NEWSCLAIMS: A New Benchmark for Claim Detection from News with Attribute Knowledge
Document Type
Conference Proceeding
Publication Title
Proceedings of the 2022 Conference on Empirical Methods in Natural Language Processing, EMNLP 2022
Abstract
Claim detection and verification are crucial for news understanding and have emerged as promising technologies for mitigating misinformation and disinformation in the news.

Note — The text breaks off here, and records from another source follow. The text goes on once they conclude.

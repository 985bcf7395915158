-- ===== src/RfTask/Link/Cadence.antt =====
-- The probes of a resting link of firmware/src/rf_task.c keep coming.
use open_controller.Prelude.{
  ℕ, ◌≡◌, Bool, true, false, none, some, not, ◌||◌, List, [], ◌∷◌, ◌==◌, arith,
}
use open_controller.RfTask.Bond.{Bond}
use open_controller.RfTask.Link.Callback.{
  Status, rx_data, on_offer, on_poll_frame, on_frame, count_answer, status_callback,
  tmr0_irq_handler,
}
use open_controller.RfTask.Link.Handlers.{
  pair_broadcast, begin_session, enter_connected, answer_poll, on_rx_restart, on_rest_idle,
  on_lapse, handle, process_event, follow_hop, connected_tick,
}
use open_controller.RfTask.Link.Calls.{
  rf_task_init, drop_queue_unless_reselected, reselect, rf_select_2g4, rf_enter_pairing,
  rf_disconnect, rf_flush_bond_save, rf_clear_bond, note_report, rf_queue_hid_report, rf_led_resync,
}
use open_controller.RfTask.Link.Histories.{
  Input, due, interrupted, reported, when_asked, apply, run, booted, asked_keeps,
}
use open_controller.RfTask.Link.Invariant.{Sound, apply-Sound, booted-Sound, run-Sound}
use open_controller.RfTask.Link.{
  Link, Outcome, Event, started, is_asked, evt_rest_probe, evt_rest_stage2, tell, bit,
  rest_probe_ticks, rest_stage2_ticks,
}
use open_controller.RfTask.Link.Resting.{
  rest_cancel, rest_arm_idle, rest_go_quiet, rest_enter, begin_search, rest_probe_start,
  rest_promote_to_normal,
}

-- The scheduler is in time for a probe: its cadence of `KBD_REST_PROBE_TICKS` is not up before the
-- `KBD_REST_PROBE_TIMEOUT_TICKS` that were asked for with it, which end the probe.
unfoldable pub in_time : Link → Input → Bool
in_time s (due e o) = not (bit e == bit evt_rest_probe) || not s.rest.probe
in_time s i = true

unfoldable pub IsTimely : Link → List Input → Type 0
IsTimely s [] = record {}
IsTimely s (i ∷ is) = (in_time s i ≡ true) × IsTimely (apply s i) is

-- The first resting stage has its next probe asked for.
pub record Paced (s : Link) : Type 0 where
  pub cadence :
      s.rest.stage ≡ 1 → s.rest.wake ≡ false → s.tasks evt_rest_probe ≡ started rest_probe_ticks

event-Paced :
    {s : Link} (o : Outcome) (e : Event)
    → Sound s
    → Paced s
    → in_time s (due e o) ≡ true
    → is_asked (s.tasks e) ≡ true
    → Paced (process_event s e o)
unfolding process_event handle tell is_asked rest_cancel rest_go_quiet begin_search rest_probe_start
    rest_promote_to_normal rest_arm_idle rest_enter on_lapse on_rest_idle enter_connected
    begin_session pair_broadcast answer_poll on_rx_restart in_time
event-Paced o e v p timely asked = ground arith

callback-Paced :
    {s : Link} (status : Status) (now later : ℕ)
    → Paced s
    → Paced (status_callback s status now later)
unfolding status_callback on_frame on_offer on_poll_frame count_answer tell is_asked
callback-Paced (rx_data none) n l p = ground arith
callback-Paced (rx_data (some buf)) n l p = ground arith
callback-Paced status n l p = ground arith

report-Paced :
    {s : Link} (report : List ℕ) → Sound s → Paced s → Paced (rf_queue_hid_report s report)
unfolding rf_queue_hid_report note_report tell is_asked rest_cancel rest_probe_start begin_search
    rest_promote_to_normal rest_arm_idle
report-Paced report v p = ground arith

apply-Paced : {s : Link} (i : Input) → in_time s i ≡ true → Sound s → Paced s → Paced (apply s i)
unfolding apply tmr0_irq_handler rf_select_2g4 reselect rf_disconnect drop_queue_unless_reselected
    rf_clear_bond rf_flush_bond_save rf_led_resync rf_enter_pairing rest_promote_to_normal
    rest_arm_idle tell is_asked rest_cancel begin_search connected_tick follow_hop rest_go_quiet
apply-Paced {s} (due e o) k v p = asked_keeps Paced (s.tasks e) p (λ q. event-Paced o e v p k q)
apply-Paced (interrupted status now armed) k v p = callback-Paced status now armed p
apply-Paced (reported report) k v p = report-Paced report v p
apply-Paced i k v p = ground arith

booted-Paced : (mac : List ℕ) (mac_valid : Bool) (bond : Bond) → Paced (booted mac mac_valid bond)
unfolding booted rf_task_init begin_search when_asked process_event handle tell is_asked
booted-Paced mac mac_valid bond = ground arith

run-Paced : (s : Link) (is : List Input) → IsTimely s is → Sound s → Paced s → Paced (run s is)
unfolding run IsTimely
run-Paced s [] k v p = p
run-Paced s (i ∷ is) (k, ks) v p =
    run-Paced (apply s i) is ks (apply-Sound i v) (apply-Paced i k v p)

-- From the link's start, whatever events that have been asked for, interrupts, passes of the
-- loop and calls come in whatever order, between two of the functions, as long as no probe's
-- cadence is up before the probe's own timeout: a link in the first resting stage, without a
-- wake, has its next probe asked for in KBD_REST_PROBE_TICKS and the second stage in
-- KBD_REST_STAGE2_TICKS.
pub probes_on :
    (mac : List ℕ) (mac_valid : Bool) (bond : Bond) (is : List Input)
    → IsTimely (booted mac mac_valid bond) is
    → (run (booted mac mac_valid bond) is).rest.stage ≡ 1
    → (run (booted mac mac_valid bond) is).rest.wake ≡ false
    → ((run (booted mac mac_valid bond) is).tasks evt_rest_probe ≡ started rest_probe_ticks)
      × ((run (booted mac mac_valid bond) is).tasks evt_rest_stage2 ≡ started rest_stage2_ticks)
probes_on mac mac_valid bond is timely stage wake =
    let s = booted mac mac_valid bond in
    let p =
      run-Paced s is timely (booted-Sound mac mac_valid bond) (booted-Paced mac mac_valid bond) in
    (p.cadence stage wake, (run-Sound mac mac_valid bond is).deepens stage wake)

However, most existing work has focused on claim sentence analysis while overlooking additional crucial attributes (e.g., the claimer and the main object associated with the claim). In this work, we present NEWSCLAIMS, a new benchmark for attribute-aware claim detection in the news domain. We extend the claim detection problem to include extraction of additional attributes related to each claim and release 889 claims annotated over 143 news articles. NEWSCLAIMS aims to benchmark claim detection systems in emerging scenarios, comprising unseen topics with little or no training data. To this end, we see that zero-shot and prompt-based baselines show promising performance on this benchmark, while still considerably behind human performance.
First Page
6002
Last Page
6018
Publication Date
1-1-2022
Recommended Citation
R. Reddy et al., "NEWSCLAIMS: A New Benchmark for Claim Detection from News with Attribute Knowledge," Proceedings of the 2022 Conference on Empirical Methods in Natural Language Processing, EMNLP 2022, pp. 6002 - 6018, Jan 2022.